I'm going to be making a tortoise table in my office for Aioki, but the dilemma I just thought about is my office doubles as my home studio. I'm a musician, and I'm currently recording for a friend's project and composing some stuff right now. I play guitar(acoustic and electric), ukulele, drums, violin and piano mostly, and since I usually use headphones for the guitar and piano, the drums is my main concern.
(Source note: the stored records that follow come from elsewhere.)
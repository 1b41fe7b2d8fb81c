-- ===== src/Signalling/Events.antt =====
-- What the sockets of signalling/src receive and emit: the events, the payloads, and the messages of
-- the dispatcher and of the chats.
use waterbus_rs.Base.{ℕ, Bool, String, Option}
use waterbus_rs.Base.Int.{ℤ}
use waterbus_rs.Dispatcher.{Candidate}
use waterbus_rs.Signalling.Models.{MessageResponse, ParticipantResponse}

-- core/types/enums/ws_event.rs, the events that are emitted.
pub data WsEvent : Type 0 where
  room_publish room_answer_subscriber room_migrate room_publisher_renegotiation : WsEvent
  room_subscriber_renegotiation room_publisher_candidate room_subscriber_candidate : WsEvent
  room_new_participant room_participant_left room_video_enabled room_camera_type : WsEvent
  room_audio_enabled room_screen_sharing room_hand_raising : WsEvent
  chat_send chat_update chat_delete : WsEvent

-- core/dtos/socket/socket_dto.rs
pub record JoinRoomDto : Type 0 where
  pub sdp : String
  pub room_id : String
  pub participant_id : String
  pub is_video_enabled : Bool
  pub is_audio_enabled : Bool
  pub is_e2ee_enabled : Bool
  pub total_tracks : ℕ
  pub connection_type : ℕ

pub record SubscribeDto : Type 0 where
  pub target_id : String
  pub room_id : String
  pub participant_id : String

pub record AnswerSubscribeDto : Type 0 where
  pub room_id : String
  pub target_id : String
  pub sdp : String
  pub connection_type : ℕ

pub record PublisherRenegotiationDto : Type 0 where
  pub sdp : String
  pub room_id : String
  pub connection_type : ℕ

pub record MigrateConnectionDto : Type 0 where
  pub sdp : String
  pub room_id : String
  pub participant_id : String
  pub connection_type : ℕ

pub record PublisherCandidateDto : Type 0 where
  pub connection_type : ℕ
  pub candidate : Candidate
  pub room_id : String

pub record SubscriberCandidateDto : Type 0 where
  pub target_id : String
  pub connection_type : ℕ
  pub candidate : Candidate
  pub room_id : String

-- crates/dispatcher/src/domain, with the fields of the messages that are read.
pub data DispatcherCallback : Type 0 where
  new_user_joined :
      (participant_id room_id client_id node_id : String) (is_migrate : Bool) → DispatcherCallback
  subscriber_renegotiate : (client_id target_id sdp : String) → DispatcherCallback
  publisher_candidate : (client_id : String) (candidate : Option Candidate) → DispatcherCallback
  subscriber_candidate :
      (client_id target_id : String) (candidate : Option Candidate) → DispatcherCallback
  node_terminated : (node_id : String) → DispatcherCallback

pub data AppEvent : Type 0 where
  send_message : MessageResponse → AppEvent
  update_message : MessageResponse → AppEvent
  delete_message : MessageResponse → AppEvent

-- Who an emission is for.
pub data Recipients : Type 0 where
  this_socket : Recipients
  others_in : String → Recipients

-- core/types/responses/socket_response.rs, over the subscribe response of the gRPC client.
pub data Payload (Response : Type 0) : Type 0 where
  joined : (sdp : String) (is_recording : Bool) → Payload Response
  subscribed : Response → (target_id : String) → Payload Response
  renegotiated : (sdp : String) → Payload Response
  subscriber_renegotiated : (target_id sdp : String) → Payload Response
  candidate_of_publisher : Candidate → Payload Response
  candidate_of_subscriber : Candidate → (target_id : String) → Payload Response
  new_participant : ParticipantResponse → (is_migrate : Bool) → Payload Response
  participant_left : (target_id : String) → Payload Response
  camera_type : (participant_id : String) (type_ : ℤ) → Payload Response
  enabled : (participant_id : String) (is_enabled : Bool) → Payload Response
  screen_sharing :
      (participant_id : String) (is_sharing : Bool) (screen_track_id : Option String)
      → Payload Response
  hand_raising : (participant_id : String) (is_raising : Bool) → Payload Response

pub record Emission (Response : Type 0) : Type 0 where
  pub socket : String
  pub recipients : Recipients
  pub event : WsEvent
  pub payload : Payload Response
After 6 years of drumming and 6 months of working in the drum section of a music store, I know my hearing has decreased from this, so I'm concerned about drumming around Aioki. Is it a bad idea to keep the enclosure in the same room I'll be drumming in? (he's a russian tortoise)


----------



## PJay (Mar 30, 2017)

I can't speak for a Russian Tortoise, but my Eastern Box Turtles are definitely sensitive to sound and/or the vibration created by the sound waves. I had them in an enclosure near the television while we were watching a sci-fi action movie and during the loudest parts of the movie the turtles would come out of the substrate where they were buried, and start charging around the enclosure like they were trying to get away.


----------



## leigti (Mar 30, 2017)

I would put the enclosure in a different room.


----------



## eric joranson (Mar 30, 2017)

p-lizzle said:


> I'm going to be making a tortoise table in my office for Aioki, but the dilemma I just thought about is my office doubles as my home studio. I'm a musician, and I'm currently recording for a friend's project and composing some stuff right now. I play guitar(acoustic and electric), ukulele, drums, violin and piano mostly, and since I usually use headphones for the guitar and piano, the drums is my main concern.
> 
> After 6 years of drumming and 6 months of working in the drum section of a music store, I know my hearing has decreased from this, so I'm concerned about drumming around Aioki. Is it a bad idea to keep the enclosure in the same room I'll be drumming in? (he's a russian tortoise)


 another room.....no rock and roll in the wild; and as such they have not adapted to deal with such levels of sound.


----------



## p-lizzle (Mar 30, 2017)

Ahh alright then. I'll keep him up in my bedroom then, there's a whole floor between him and the office then. Only soft ukulele playing goes on in my room


----------